Bekannt war bereits, dass sich die meisten Menschen ab der Lebensmitte nicht so alt fühlen, wie sie objektiv sind. Die Gruppe um den Psychologen Markus Wettstein von der Berliner Humboldt-Universität wollte nun wissen, wie sich dieser Effekt nicht nur mit steigendem Alter, sondern auch über die Generationen hinweg verändert.

Die Analyse der SOEP-Daten ergab: Im Mittel empfinden sich die Menschen in Deutschland rund 11,5 Prozent jünger als sie tatsächlich sind – mit 60 Jahren fühlen sie sich also im Schnitt wie Anfang 50. Mit zunehmendem Alter steigt zwar auch das subjektive Alter, aber nicht im gleichen Tempo wie das wahre Alter, sondern immer langsamer: Der Verjüngungseffekt nimmt alle zehn Jahre um 1,6 Prozentpunkte zu.

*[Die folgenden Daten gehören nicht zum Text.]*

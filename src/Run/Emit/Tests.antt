-- ===== src/Run/Emit/Tests.antt =====
-- Runs of the line buffering: 10 is the newline.
use axiom_evi_apps.Prelude.{
  ℕ, ◌≡◌, refl, ◌≢◌, arith, false, List, [], ◌∷◌, ◌++◌, length, replicate, get_or-replicate, get_or,
  done, ◌==◌, if◌then◌else◌,
}
use axiom_evi_apps.Run.Emit.{
  Item, label, text, emit_node, emit, emit_lines, emit_pending, one_line, flush, flush_from, output,
  output_loop, memchr,
}
use axiom_evi_apps.Run.Emit.Output.{IsProgress}
use axiom_evi_apps.Run.Emit.Text.{texts, IsBuffered, emit-keeps_bytes}
use axiom_evi_apps.Run.Emit.Labels.{
  labels, newlines, unfinished, finished, emit_node-labels, flush_lem,
}

-- A file that takes one byte at a time.
abbrev pub one_byte : List ℕ → ℕ
one_byte xs = if length xs == 0 then 0 else 1

pub one_byte-IsProgress : IsProgress one_byte
one_byte-IsProgress xs h = ground arith

-- No pending bytes, of each of the 63 nodes.
abbrev pub fresh : List (List ℕ)
fresh = replicate 63 []

pub fresh-IsBuffered : (max_buffer : ℕ) → IsBuffered max_buffer fresh
fresh-IsBuffered max_buffer = record {
  nodes = refl;
  small = λ n. ground (arith, get_or-replicate {A = List ℕ} 63 n []);
  lines = λ n. rw (get_or-replicate {A = List ℕ} 63 n []) (unfold memchr in refl);
}

two_lines :
    emit_node one_byte 8 0x01 4 (65 ∷ 10 ∷ 66 ∷ 10 ∷ 67 ∷ []) (64 ∷ [])
    ≡ done (
      label false 4
          ∷ text (64 ∷ [])
          ∷ text (65 ∷ 10 ∷ [])
          ∷ label false 4
          ∷ text (66 ∷ 10 ∷ [])
          ∷ [],
      67 ∷ [],
    )
unfolding emit_node emit_lines emit_pending one_line output output_loop memchr
two_lines = refl

plain_flags_label :
    (flush one_byte 0x04 ((65 ∷ []) ∷ [] ∷ [])).0
    ≡ label false 0 ∷ text (65 ∷ []) ∷ text (10 ∷ []) ∷ []
unfolding flush flush_from output output_loop
plain_flags_label = refl

emit-keeps_bytes_example :
    (items : List Item) × (info' : List (List ℕ)) × (emit one_byte 8 0x01 4
        (65 ∷ 10 ∷ 66 ∷ [])
        fresh
      ≡ done (items, info'))
    × (texts items ++ get_or info' 4 [] ≡ get_or fresh 4 [] ++ 65 ∷ 10 ∷ 66 ∷ [])
    × ((n : ℕ) → n ≢ 4 → get_or info' n [] ≡ get_or fresh n [])
    × IsBuffered 8 info'
emit-keeps_bytes_example =
    emit-keeps_bytes one_byte 8 0x01 4 (65 ∷ 10 ∷ 66 ∷ []) fresh one_byte-IsProgress (omega arith)
      (omega arith) (fresh-IsBuffered 8)

emit_node-labels_example :
    (items : List Item) × (left : List ℕ) × (emit_node one_byte 8 0x01 4
        (65 ∷ 10 ∷ 66 ∷ [])
        (64 ∷ [])
      ≡ done (items, left))
    × (labels items ≡ newlines (texts items))
emit_node-labels_example =
    emit_node-labels one_byte 8 0x01 4 (65 ∷ 10 ∷ 66 ∷ []) (64 ∷ []) one_byte-IsProgress refl
      (unfold memchr in refl) (omega arith) (omega arith)

flush_lem_example :
    (texts (flush one_byte 0x04 ((65 ∷ []) ∷ [] ∷ [])).0 ≡ finished ((65 ∷ []) ∷ [] ∷ []))
    × (labels (flush one_byte 0x04 ((65 ∷ []) ∷ [] ∷ [])).0
        ≡ (if 0x04 == 0 then 0 else unfinished ((65 ∷ []) ∷ [] ∷ [])))
    × ((n : ℕ) → get_or (flush one_byte 0x04 ((65 ∷ []) ∷ [] ∷ [])).1 n [] ≡ [])
flush_lem_example = flush_lem one_byte 0x04 ((65 ∷ []) ∷ [] ∷ []) one_byte-IsProgress
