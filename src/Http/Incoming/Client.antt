-- ===== src/Http/Incoming/Client.antt =====
-- src/http/incoming/Message.cc: IMessage as a class that BufferedReader drives.
use rikitiki.Base.{
  HasNoNul, ◌+◌, ◌<◌, Bool, false, [], ◌∷◌, ◌++◌, Option, some, ◌≡◌, ◌≢◌, refl, sym, ap, subst, ◌∙◌,
  arith, Bytes, length, length-append, append_assoc, append-nil,
}
use rikitiki.Http.Parsing.{
  MessageState, start_line, headers, body, finished, BodyType, known_size, chunked, BufferMode,
  size_max,
}
use rikitiki.Http.Parsing.Reader.{Reader, returned}
use rikitiki.Http.Parsing.Reader.Fuel.{LineClient, IsDone, on_data-IsDone}
use rikitiki.Http.Parsing.Reader.Round.{StreamClient}
use rikitiki.Http.Parsing.Reader.Cut.{IsCut}
use rikitiki.Http.Parsing.Reader.Split.{on_data-append}
use rikitiki.Http.Incoming.Lines.{Inv, state_read-Inv}
use rikitiki.Http.Incoming.{
  message_data, IMessage, headers_end, header_read, chunk_read, sized_read, body_read, start_read,
  state_read, on_buffered,
}

module _ {A : Type 0} (set_startline : A → Bytes → Option A) where
  abbrev pub line_client : LineClient (on_buffered set_startline)
  unfolding on_buffered
  line_client = record {
    Inv = Inv;
    never_length = λ s h. h;
    keeps =
        λ r s d inv line e. state_read-Inv set_startline s.stream_state r _ s _ d refl line inv e;
  }

  body_read-buffer :
      (t : BodyType) (r r' : Reader) (m m' : IMessage A) (d : Bytes) (b : Bool)
      → body_read t r m d ≡ some (r', m', b)
      → r'.buffer ≡ r.buffer
  unfolding body_read chunk_read sized_read
  body_read-buffer chunked r r' m m' d b e = ground arith
  body_read-buffer known_size r r' m m' [] b e = ground arith
  body_read-buffer known_size r r' m m' (c ∷ cs) b e = ground arith
  body_read-buffer BodyType.none r r' m m' d b e = ground arith
  body_read-buffer BodyType.buffering r r' m m' d b e = ground arith
  body_read-buffer BodyType.unknown r r' m m' d b e = ground arith

  pub state_read-buffer :
      (t : MessageState) (r r' : Reader) (m m' : IMessage A) (d : Bytes) (b : Bool)
      → state_read set_startline t r m d ≡ some (r', m', b)
      → r'.buffer ≡ r.buffer
  unfolding state_read
  state_read-buffer start_line r r' m m' d b e = unfold start_read in ground arith
  state_read-buffer headers r r' m m' d b e = unfold headers_end header_read in ground arith
  state_read-buffer body r r' m m' d b e = body_read-buffer m.body_type r r' m m' d b e
  state_read-buffer finished r r' m m' d b e = cc
  state_read-buffer MessageState.unknown r r' m m' d b e = ground arith

  sized_read-additive :
      (r r' : Reader) (m m' : IMessage A) (a b : Bytes)
      → m.stream_state ≡ body
      → sized_read r m a ≡ some (r', m', false)
      → r.mode ≡ BufferMode.none
      → (r'.mode ≡ BufferMode.none) × (sized_read r m (a ++ b) ≡ sized_read r' m' b)
  unfolding sized_read
  sized_read-additive r r' m m' [] b s e n =
      let same : (r' ≡ r) × (m' ≡ m) = ground arith in rw (same.0, same.1) (n, refl)
  sized_read-additive r r' m m' (c ∷ cs) [] s e n = (ground arith, ground (arith, append-nil cs))
  sized_read-additive r r' m m' (c ∷ cs) (x ∷ xs) s e n = (
    ground arith,
    ground (arith, length-append (c ∷ cs) (x ∷ xs), append_assoc m.content (c ∷ cs) (x ∷ xs)),
  )

  -- A piece of the body that does not end it leaves the parser where it was.
  body_read-state :
      (t : BodyType) (r r' : Reader) (m m' : IMessage A) (a : Bytes)
      → m.stream_state ≡ body
      → m.body_type ≡ t
      → t ≢ chunked
      → body_read t r m a ≡ some (r', m', false)
      → (m'.stream_state ≡ body) × (m'.body_type ≡ t)
  unfolding body_read sized_read
  body_read-state chunked r r' m m' a s k ne e = absurd (ne refl)
  body_read-state known_size r r' m m' [] s k ne e = ground arith
  body_read-state known_size r r' m m' (c ∷ cs) s k ne e = ground arith
  body_read-state BodyType.none r r' m m' a s k ne e = ground arith
  body_read-state BodyType.buffering r r' m m' a s k ne e = ground arith
  body_read-state BodyType.unknown r r' m m' a s k ne e = ground arith

  body_read-additive :
      (t : BodyType) (r r' : Reader) (m m' : IMessage A) (a b : Bytes)
      → m.stream_state ≡ body
      → t ≢ chunked
      → r.mode ≡ BufferMode.none
      → body_read t r m a ≡ some (r', m', false)
      → (r'.mode ≡ BufferMode.none) × (body_read t r m (a ++ b) ≡ body_read t r' m' b)
  unfolding body_read
  body_read-additive chunked r r' m m' a b s ne n e = absurd (ne refl)
  body_read-additive known_size r r' m m' a b s ne n e = sized_read-additive r r' m m' a b s e n
  body_read-additive BodyType.none r r' m m' a b s ne n e =
      let same : (r' ≡ r) × (m' ≡ m) = (cc, cc) in rw (same.0, same.1) (n, refl)
  body_read-additive BodyType.buffering r r' m m' a b s ne n e =
      (ground arith, ground (arith, append_assoc m.content a b))
  body_read-additive BodyType.unknown r r' m m' a b s ne n e =
      (ground arith, ground (arith, append_assoc m.content a b))

  -- In the body, what OnBufferedData does.
  on_buffered_body :
      (t : BodyType) (r : Reader) (m : IMessage A) (d : Bytes)
      → m.stream_state ≡ body
      → m.body_type ≡ t
      → on_buffered set_startline r m d ≡ body_read t r m d
  unfolding on_buffered state_read
  on_buffered_body t r m d s k =
      ap (λ z. state_read set_startline z r m d) s ∙ ap (λ z. body_read z r m d) k

  pub on_buffered-additive :
      (r r' : Reader) (m m' : IMessage A) (a b : Bytes)
      → (m.stream_state ≡ body) × (m.body_type ≢ chunked)
      → r.mode ≡ BufferMode.none
      → on_buffered set_startline r m a ≡ some (r', m', false)
      → (r'.mode ≡ BufferMode.none)
        × (on_buffered set_startline r m (a ++ b) ≡ on_buffered set_startline r' m' b)
  on_buffered-additive r r' m m' a b (s, ne) n e =
      let t = m.body_type in
      let read = sym (on_buffered_body t r m a s refl) ∙ e in
      let (s', k') = body_read-state t r r' m m' a s refl ne read in
      let (n', same) = body_read-additive t r r' m m' a b s ne n read in
      (n', on_buffered_body t r m (a ++ b) s refl ∙ same ∙ sym (on_buffered_body t r' m' b s' k'))

  abbrev pub stream_client : StreamClient (on_buffered set_startline)
  unfolding line_client on_buffered
  stream_client = record {
    line = line_client;
    buffer_kept = λ r s d e. state_read-buffer s.stream_state r _ s _ d _ e;
    additive = λ r s a b inv n e. on_buffered-additive r _ s _ a b (subst (λ z. Inv z s) n inv) n e;
  }

  -- An incoming message is parsed to an end: OnData returns or throws, whatever bytes come in, as
  -- long as they and the buffered ones are fewer than size_max. The reader is at lines, or outside of
  -- lines in a body that is not chunked.
  pub message_data-IsDone :
      (r : Reader) (m : IMessage A) (d : Bytes)
      → Inv r.mode m
      → length r.buffer + length d < size_max
      → IsDone (message_data set_startline r m d [])
  unfolding message_data
  message_data-IsDone r m d inv small =
      on_data-IsDone (on_buffered set_startline) line_client r m d inv small

  -- The message that comes out does not depend on how its bytes are cut into calls of OnData: when
  -- the first call has not ended the message, the second goes on as one call on all bytes would
  -- have. The first part holds no NUL, the second is not empty, and the cut does not fall between two
  -- line break characters. The memory behind each part begins with a NUL. The reader is at lines, or outside of lines in a body that is not chunked,
  -- and all the bytes are fewer than size_max.
  pub message_data-append :
      (r : Reader) (m : IMessage A) (a b : Bytes) (r' : Reader) (m' : IMessage A)
      → Inv r.mode m
      → length r.buffer + length a + length b < size_max
      → HasNoNul a
      → b ≢ []
      → IsCut a b
      → message_data set_startline r m a [] ≡ returned false r' m'
      → message_data set_startline r m (a ++ b) [] ≡ message_data set_startline r' m' b []
  unfolding message_data
  message_data-append r m a b r' m' inv small nul ne cut e =
      on_data-append (on_buffered set_startline) stream_client r m a b r' m' inv small nul ne cut e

Nach eigenem Empfinden altern wir stetig langsamer

Und mit jeder Generation verstärkt sich der Effekt sogar noch. Die Menschen altern demnach heute subjektiv langsamer als noch vor 10, 20 oder 30 Jahren. So fühlt sich ein 60-Jähriger heute im Mittel noch mal um zwei Prozent jünger als ein 60-Jähriger vor zehn Jahren. Das bedeutet: Die «jüngeren» Generationen, geboren 1952 bis 1974, empfinden sich mit 40 Jahren sogar schon 13 Prozent jünger und mit 65 Jahren bis zu 17 Prozent jünger als sie sind.

Das Gefühl, jung zu bleiben, haben allerdings nicht alle im gleichen Mass. Bei Frauen ist es im Mittel stärker als bei Männern und bei Westdeutschen stärker als bei Ostdeutschen. Weniger ausgeprägt ist es ausserdem bei einsamen und bei chronisch kranken Menschen.

Das subjektive Alter gilt als «biopsychosozialer Marker»: Je jünger man sich fühlt, desto besser sind die körperliche und geistige Fitness sowie das Wohlbefinden. Doch manche gesundheitliche Risiken steigen damit auch, etwa sich mit Covid-19 anzustecken, wie die Forschungsgruppe berichtet. Sich jünger zu fühlen, zeige ausserdem eine gefühlte Distanz (Dissoziation) zur eigenen Altersgruppe, die durchaus als alt wahrgenommen werde. Das immer jüngere subjektive Alter könne somit den Trend zu negativen Altersstereotypen widerspiegeln.